SH: When we engage with our customers, we take a broad view of the challenge. We want to know about the problem in a multifaceted way, so we look to gather information and insight about how the clinical program is being delivered, how the operation is currently working, what are the ambitions of the customer and what are the current patient experience challenges. Once we have captured these elements, we start our iterative creative process looking for solutions that address the needs of all stakeholders.
- We design with evidence to create solutions that are deeply rooted in data, behavioral science and clinical expertise.
- We make the intangible tangible by giving customers the vision to change because our sketches, unique visualizations, and iterative cocreation sessions help them turn an idea into a reality.
- We foster all aspects of care with an integrated approach towards clinical, operational, technological and experiential excellence.
- We value collaboration by cocreation with healthcare experts and multidisciplinary teams that make healthcare happen.
- We make it future-ready; Philips knows where healthcare is heading because we are developing tomorrow’s technology solutions that help shape and enable it.
Q: What will tomorrow’s health systems look like?
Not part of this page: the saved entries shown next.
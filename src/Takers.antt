-- ===== src/Takers.antt =====
-- BlockRAFT-distributed_node/dagModule/DAGmodule.h, `selectTxn` and `complete`, as the threads of
-- `executeTxns` (scheduler/scheduler.h) call them: any number of threads, a step for each access to
-- an atomic variable, and the local variables of each thread.
pub mod Fresh
pub mod Safe
pub mod Single
pub mod Retake
use icsa_artifact.Base.{ℕ, ◌+◌, ◌≤◌, ◌<◌, ◌≡◌, ◌≢◌, Bool}
use icsa_artifact.Base.Int.{ℤ, pos, negsuc, ◌-ℤ◌}
use icsa_artifact.Workers.{update}
use icsa_artifact.Workers

-- Where a thread is, with the transaction or index that it is at.
pub data Place : Type 0 where
  outside : Place  -- in `executeTxns`, with no transaction
  first : (i : ℕ) (var_zero : ℤ) → Place  -- the first loop of `selectTxn`, before the load
  first_free : (i : ℕ) → Place  -- it loaded 0, and `var_zero` is 0
  second : (i : ℕ) (var_zero : ℤ) → Place  -- the second loop, before the load
  second_free : (i : ℕ) (var_zero : ℤ) → Place  -- it loaded 0
  storing : (i : ℕ) → Place  -- before `lastTxn.store(i)`
  processing : (i : ℕ) → Place  -- `selectTxn` returned `i`
  counting : (i : ℕ) → Place  -- in `complete`, after the first `fetch_sub`
  lowering : (i next : ℕ) → Place  -- in the loop of `complete`, before index `next`

pub record Threads : Type 0 where
  pub in_degree : ℕ → ℤ
  pub completed : ℕ
  pub last_txn : ℕ
  pub place : ℕ → Place

abbrev pub go : ℕ → Place → Threads → Threads
go t p s = record s { place = update s.place t p }

-- A successful exchange of thread `t` at index `i`.
abbrev pub take : ℕ → ℕ → Threads → Threads
take t i s = record s {
  in_degree = update s.in_degree i (negsuc 0);
  place = update s.place t (storing i);
}

-- `n` transactions with the matrix `adj`; a step of thread `t`.
module _ (n : ℕ) (adj : ℕ → ℕ → ℕ) where
  pub data Step (s : Threads) : Threads → Type 0 where
    enter : (t : ℕ) → s.place t ≡ outside → Step s (go t (first (s.last_txn + 1) (pos 0)) s)
    first_busy :
        (t i : ℕ) (v : ℤ)
        → s.place t ≡ first i v
        → i < n
        → s.in_degree i ≢ pos 0
        → Step s (go t (first (i + 1) v) s)
    first_load :
        (t i : ℕ) (v : ℤ)
        → s.place t ≡ first i v
        → i < n
        → s.in_degree i ≡ pos 0
        → Step s (go t (first_free i) s)
    first_take : (t i : ℕ) → s.place t ≡ first_free i → s.in_degree i ≡ pos 0 → Step s (take t i s)
    -- a failed exchange writes what it found into `var_zero`
    first_fail :
        (t i : ℕ)
        → s.place t ≡ first_free i
        → s.in_degree i ≢ pos 0
        → Step s (go t (first (i + 1) (s.in_degree i)) s)
    turn_round : (t i : ℕ) (v : ℤ) → s.place t ≡ first i v → n ≤ i → Step s (go t (second 0 v) s)
    second_busy :
        (t i : ℕ) (v : ℤ)
        → s.place t ≡ second i v
        → i < n
        → s.in_degree i ≢ pos 0
        → Step s (go t (second (i + 1) v) s)
    second_load :
        (t i : ℕ) (v : ℤ)
        → s.place t ≡ second i v
        → i < n
        → s.in_degree i ≡ pos 0
        → Step s (go t (second_free i v) s)
    -- the exchange compares with `var_zero` as the first loop, or an exchange before, left it
    second_take :
        (t i : ℕ) (v : ℤ) → s.place t ≡ second_free i v → s.in_degree i ≡ v → Step s (take t i s)
    second_fail :
        (t i : ℕ) (v : ℤ)
        → s.place t ≡ second_free i v
        → s.in_degree i ≢ v
        → Step s (go t (second (i + 1) (s.in_degree i)) s)
    give_up : (t i : ℕ) (v : ℤ) → s.place t ≡ second i v → n ≤ i → Step s (go t outside s)
    store :
        (t i : ℕ)
        → s.place t ≡ storing i
        → Step s (record s { last_txn = i; place = update s.place t (processing i) })
    -- the `continue` after a header that does not parse
    lose : (t i : ℕ) → s.place t ≡ processing i → Step s (go t outside s)
    execute :
        (t i : ℕ)
        → s.place t ≡ processing i
        → Step s (record s {
          in_degree = update s.in_degree i (s.in_degree i -ℤ pos 1);
          place = update s.place t (counting i);
        })
    count :
        (t i : ℕ)
        → s.place t ≡ counting i
        → Step s (record s {
          completed = s.completed + 1;
          place = update s.place t (lowering i (i + 1));
        })
    lower :
        (t i k : ℕ)
        → s.place t ≡ lowering i k
        → k < n
        → adj i k ≡ 1
        → Step s (record s {
          in_degree = update s.in_degree k (s.in_degree k -ℤ pos 1);
          place = update s.place t (lowering i (k + 1));
        })
    pass :
        (t i k : ℕ)
        → s.place t ≡ lowering i k
        → k < n
        → adj i k ≢ 1
        → Step s (go t (lowering i (k + 1)) s)
    leave : (t i k : ℕ) → s.place t ≡ lowering i k → n ≤ k → Step s (go t outside s)

  -- From the in-degrees of the node's share of the block.
  pub data Reach (assigned : ℕ → Bool) (last_txn : ℕ) : Threads → Type 0 where
    begin : Reach assigned last_txn (record {
      in_degree = (Workers.start n adj assigned).in_degree;
      completed = (Workers.start n adj assigned).completed;
      last_txn = last_txn;
      place = λ t. outside;
    })
    next : {s u : Threads} → Reach assigned last_txn s → Step s u → Reach assigned last_txn u

  -- An exchange of the second loop that succeeds does so with 0 in `var_zero`.
  abbrev pub FreshStep : {s u : Threads} → Step s u → Type 0
  FreshStep (second_take t i v p e) = v ≡ pos 0
  FreshStep _ = Unit

  abbrev pub IsFresh :
      {assigned : ℕ → Bool} {last_txn : ℕ} {s : Threads} → Reach assigned last_txn s → Type 0
  IsFresh begin = Unit
  IsFresh (next r step) = IsFresh r × FreshStep step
SH: My personal perspective is that tomorrows’ health system will look both familiar and radically different at the same time. We can already see the trends where more and more routine care is handled via telehealth programs and people will be increasingly connecting to care systems and care professionals from the comfort of their home or the convenience of a smart phone. Hospitals will continue to evolve with a focus on the more challenging patients and procedures only, the role of the locally placed urgent care clinic may take some pressure off the ED and primary care physicians. Increasingly AI will be used to enable the support of clinical and operational decision-making at the individual, department and enterprise level. The possibilities are endless and I’m excited to see what we can do.